**What you need to do**. Identify all lines below that hold "else" and collect them.

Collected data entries
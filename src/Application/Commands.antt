-- ===== src/Application/Commands.antt =====
-- src/application-domain.ts: the commands on Tasks and Projects.
use agent_task_orchestrator.Base.{
  Text, String, Bool, true, false, not, ◌&&◌, ◌||◌, List, [], ◌∷◌, Option, none, some, text, same,
  if◌then◌else◌, ◌==◌, any, keep, includes, sort,
}
use agent_task_orchestrator.Domain.States.{TaskState, WaitingReason, same_state}
use agent_task_orchestrator.Domain.Errors.{Parsed, ok, err, DomainErrorCode, DomainResult}
use agent_task_orchestrator.Domain.Records.{
  Task, Project, DomainSnapshot, DomainMutation, ProjectDomainMutation, WaitingMetadataInput,
}
use agent_task_orchestrator.Domain.Value.{Value, Items, Fields, Unicode}
use agent_task_orchestrator.Domain.Encode.{constant, snapshot_value, waiting_input_value}
use agent_task_orchestrator.Domain.Commands.{
  create_task_command, update_task_body_command, set_task_parent_command, task_dependency_command,
}
use agent_task_orchestrator.Domain.Graph.{task_of}
use agent_task_orchestrator.Domain.Snapshot.{project_of}
use agent_task_orchestrator.Domain.Projects.{register_project, set_project_enabled}
use agent_task_orchestrator.Domain.Tasks.{create_task, update_task_body}
use agent_task_orchestrator.Domain.Links.{
  set_task_parent, add_task_dependency, remove_task_dependency,
}
use agent_task_orchestrator.Domain.Transition.{transition_task}
use agent_task_orchestrator.Application.Model.{
  ApplicationErrorCode, ApplicationDetail, ApplicationFailure, TaskTarget, TaskChange,
  DependencyTarget, ApplicationCommand, ExecutionStatus, ExecutionAttempt, ApplicationState,
  Outcome,
}

abbrev pub failed : ApplicationErrorCode → String → ApplicationDetail → ApplicationFailure
failed code key detail = record { code = code; details = (key, detail) ∷ [] }

abbrev pub rejected : DomainErrorCode → ApplicationFailure
rejected code =
    failed ApplicationErrorCode.domain_rejected "domainCode" (ApplicationDetail.domain_code code)

-- The end of each operation: the mutation, or the code of the domain's error.
abbrev pub outcome : {M : Type 0} → DomainResult M → Outcome M
outcome (ok r) = Outcome.mutated r.value
outcome (err e) = Outcome.refused (rejected e.code)

abbrev pub domain_value : ApplicationState → Value
domain_value state = snapshot_value state.domain.projects state.domain.tasks

-- The first test of `domainMutation`: the Task, its Project and its revision.
abbrev pub if_current : {M : Type 0} → TaskTarget → Option Task → Outcome M → Outcome M
if_current target none next =
    Outcome.refused
      (failed ApplicationErrorCode.task_not_found "taskId" (ApplicationDetail.id target.task_id))
if_current target (some task) next =
    if not (same task.project_id target.project_id)
      || not (task.revision == target.expected_task_revision)
    then Outcome.refused
        (failed ApplicationErrorCode.stale_revision "taskId" (ApplicationDetail.id target.task_id))
    else next

-- The waiting metadata that `task.cancel` gives to each dependent.
abbrev pub review_dependency : WaitingMetadataInput
review_dependency = record {
  reason = WaitingReason.dependency_cancelled;
  phase = text "task_management";
  required_action = text "review_dependency";
  last_error_code = text "DEPENDENCY_CANCELLED";
  last_error_summary = none;
  retryable = false;
  retry_count = 0;
  retry_after = none;
  execution_id = none;
  workspace_revision = none;
  backend_thread_id = none;
}

abbrev pub is_dependent : Text → Task → Bool
is_dependent id t = same_state t.state TaskState.ready && includes t.dependency_ids id

abbrev pub dependent_value : Task → Value
dependent_value t = Value.object (
    Fields.field "taskId" (Value.string t.id)
      (Fields.field "waiting" (waiting_input_value review_dependency) Fields.end))

abbrev pub dependent_items : List Task → Items
dependent_items [] = Items.nil
dependent_items (t ∷ ts) = Items.item (dependent_value t) (dependent_items ts)

-- `dependentWaiting`
abbrev pub dependent_waiting : DomainSnapshot → Text → Value
dependent_waiting s id = Value.array (dependent_items (keep (is_dependent id) s.tasks))

-- The commands of `transitionTask`.
abbrev pub transition_command : Text → String → String → Value → Value
transition_command id trigger target payload = Value.object (
    Fields.field "taskId" (Value.string id) (
      Fields.field "event" (constant trigger)
        (Fields.field "targetState" (constant target) (Fields.field "payload" payload Fields.end))))

abbrev pub mark_ready_command : Text → Value
mark_ready_command id = transition_command id "mark_ready" "ready" (Value.object Fields.end)

abbrev pub cancel_command : DomainSnapshot → Text → Text → Value
cancel_command s id reason = transition_command id "cancel" "cancelled" (
    Value.object (
      Fields.field "reason" (Value.string reason) (
        Fields.field "executionDisposition" Value.null
          (Fields.field "dependentWaiting" (dependent_waiting s id) Fields.end))))

abbrev is_active : ExecutionStatus → Bool
is_active ExecutionStatus.active = true
is_active ExecutionStatus.superseded = false

-- `execution.taskId === command.taskId && execution.status === "active"`
abbrev pub is_claim_of : Text → ExecutionAttempt → Bool
is_claim_of id x = same x.task_id id && is_active x.status

-- The test of `dependency.add` and `dependency.remove`.
abbrev pub if_dependency_current :
    {M : Type 0} → DependencyTarget → Option Task → Outcome M → Outcome M
if_dependency_current target none next = Outcome.refused (
    failed ApplicationErrorCode.stale_revision "dependencyId"
      (ApplicationDetail.id target.dependency_id))
if_dependency_current target (some task) next =
    if not (task.revision == target.expected_dependency_revision)
    then Outcome.refused (
        failed ApplicationErrorCode.stale_revision "dependencyId"
          (ApplicationDetail.id target.dependency_id))
    else next

module _ ⦃u : Unicode⦄ where
  abbrev pub change_task : ApplicationState → Text → TaskChange → DomainResult DomainMutation
  change_task state id (TaskChange.body b) =
      update_task_body (domain_value state) (update_task_body_command id b)
  change_task state id (TaskChange.parent p) =
      set_task_parent (domain_value state) (set_task_parent_command id p)

  -- A command on a registered Task, behind the tests on the Task.
  abbrev pub on_task : ApplicationCommand → ApplicationState → TaskTarget → Outcome DomainMutation
  on_task (ApplicationCommand.task_update t change) state target =
      outcome (change_task state target.task_id change)
  on_task (ApplicationCommand.task_mark_ready t) state target =
      outcome (transition_task (domain_value state) (mark_ready_command target.task_id))
  on_task (ApplicationCommand.task_cancel t reason) state target =
      if any (is_claim_of target.task_id) state.executions
      then Outcome.refused (rejected DomainErrorCode.external_precondition_failed)
      else outcome
          (transition_task (domain_value state) (cancel_command state.domain target.task_id reason))
  on_task (ApplicationCommand.dependency_add t d) state target =
      if_dependency_current d (task_of state.domain.tasks d.dependency_id) (
        outcome (
          add_task_dependency (domain_value state)
            (task_dependency_command target.task_id d.dependency_id)))
  on_task (ApplicationCommand.dependency_remove t d) state target =
      if_dependency_current d (task_of state.domain.tasks d.dependency_id) (
        outcome (
          remove_task_dependency (domain_value state)
            (task_dependency_command target.task_id d.dependency_id)))
  on_task _ state target = Outcome.not_applicable

  abbrev pub target_of_command : ApplicationCommand → Option TaskTarget
  target_of_command (ApplicationCommand.task_update t change) = some t
  target_of_command (ApplicationCommand.task_mark_ready t) = some t
  target_of_command (ApplicationCommand.task_cancel t reason) = some t
  target_of_command (ApplicationCommand.task_inspect t) = some t
  target_of_command (ApplicationCommand.dependency_add t d) = some t
  target_of_command (ApplicationCommand.dependency_remove t d) = some t
  target_of_command _ = none

  abbrev pub without_target : ApplicationCommand → ApplicationState → Outcome DomainMutation
  without_target (ApplicationCommand.task_create project resource id b supersedes) state =
      outcome (create_task (domain_value state) (create_task_command id project b supersedes))
  without_target _ state = Outcome.not_applicable

  abbrev pub at_target :
      Option TaskTarget → ApplicationCommand → ApplicationState → Outcome DomainMutation
  at_target none command state = without_target command state
  at_target (some target) command state =
      if_current target (task_of state.domain.tasks target.task_id) (on_task command state target)

  -- `domainMutation`
  unfoldable pub domain_mutation : ApplicationCommand → ApplicationState → Outcome DomainMutation
  domain_mutation command state = at_target (target_of_command command) command state

  -- `projectDomainMutation` for `project.update` and `project.disable`; `enabled` is the new value.
  abbrev pub set_enabled : ApplicationState → Text → Bool → DomainResult ProjectDomainMutation
  set_enabled state id enabled = set_project_enabled (domain_value state) (
      Value.object (
        Fields.field "projectId" (Value.string id)
          (Fields.field "enabled" (Value.boolean enabled) Fields.end)))

  abbrev pub disable_project :
      ApplicationState → Text → Option Project → Outcome ProjectDomainMutation
  disable_project state id none =
      Outcome.refused
        (failed ApplicationErrorCode.project_not_found "projectId" (ApplicationDetail.id id))
  disable_project state id (some p) =
      if p.enabled
      then outcome (set_enabled state id false)
      else Outcome.refused (rejected DomainErrorCode.no_op)

  abbrev pub update_project :
      ApplicationState → Text → Option Project → Outcome ProjectDomainMutation
  update_project state id none =
      Outcome.refused
        (failed ApplicationErrorCode.project_not_found "projectId" (ApplicationDetail.id id))
  update_project state id (some p) =
      if p.enabled then Outcome.not_applicable else outcome (set_enabled state id true)

  unfoldable pub project_domain_mutation :
      ApplicationCommand → ApplicationState → Outcome ProjectDomainMutation
  project_domain_mutation (ApplicationCommand.project_disable t) state =
      disable_project state t.project_id (project_of state.domain.projects t.project_id)
  project_domain_mutation (ApplicationCommand.project_update t) state =
      update_project state t.project_id (project_of state.domain.projects t.project_id)
  project_domain_mutation _ state = Outcome.not_applicable

  -- The value of a success; the error is the exception that the source throws.
  abbrev registered : DomainResult ProjectDomainMutation → Parsed (Option ProjectDomainMutation)
  registered (ok r) = ok (some r.value)
  registered (err e) = err e

  abbrev register_unless :
      ApplicationState → Text → Option Project → Parsed (Option ProjectDomainMutation)
  register_unless state id (some p) = ok none
  register_unless state id none = registered (
      register_project (domain_value state)
        (Value.object (Fields.field "projectId" (Value.string id) Fields.end)))

  -- `projectRegistrationMutation`
  unfoldable pub project_registration_mutation :
      ApplicationState → Text → Parsed (Option ProjectDomainMutation)
  project_registration_mutation state id =
      register_unless state id (project_of state.domain.projects id)

-- `projectIds.add`
abbrev add_id : Text → List Text → List Text
add_id id ids = if includes ids id then ids else id ∷ ids

-- The loop of `affectedProjectIds`, which throws (`none`) at a Task that is absent.
abbrev project_ids_of : List Task → List Text → List Text → Option (List Text)
project_ids_of tasks [] found = some found
project_ids_of tasks (id ∷ rest) found = elim (task_of tasks id) [
  | none ↦ none
  | some t ↦ project_ids_of tasks rest (add_id t.project_id found)
]

abbrev in_text_order : Option (List Text) → Option (List Text)
in_text_order none = none
in_text_order (some l) = some (sort (λ (i : Text). i) l)

-- `affectedProjectIds`
unfoldable pub affected_project_ids : DomainMutation → Option (List Text)
affected_project_ids m = in_text_order (project_ids_of m.snapshot.tasks m.changed_task_ids [])

-- `sameProjectIds`
unfoldable pub same_project_ids : List Text → List Text → Bool
same_project_ids [] [] = true
same_project_ids (a ∷ as_) (b ∷ bs) = same a b && same_project_ids as_ bs
same_project_ids _ _ = false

**The answer**.
  if◌then◌else◌, ◌==◌, any, keep, includes, sort,
    else next
    else next
      else outcome
      else Outcome.refused (rejected DomainErrorCode.no_op)
      if p.enabled then Outcome.not_applicable else outcome (set_enabled state id true)
add_id id ids = if includes ids id then ids else id ∷ ids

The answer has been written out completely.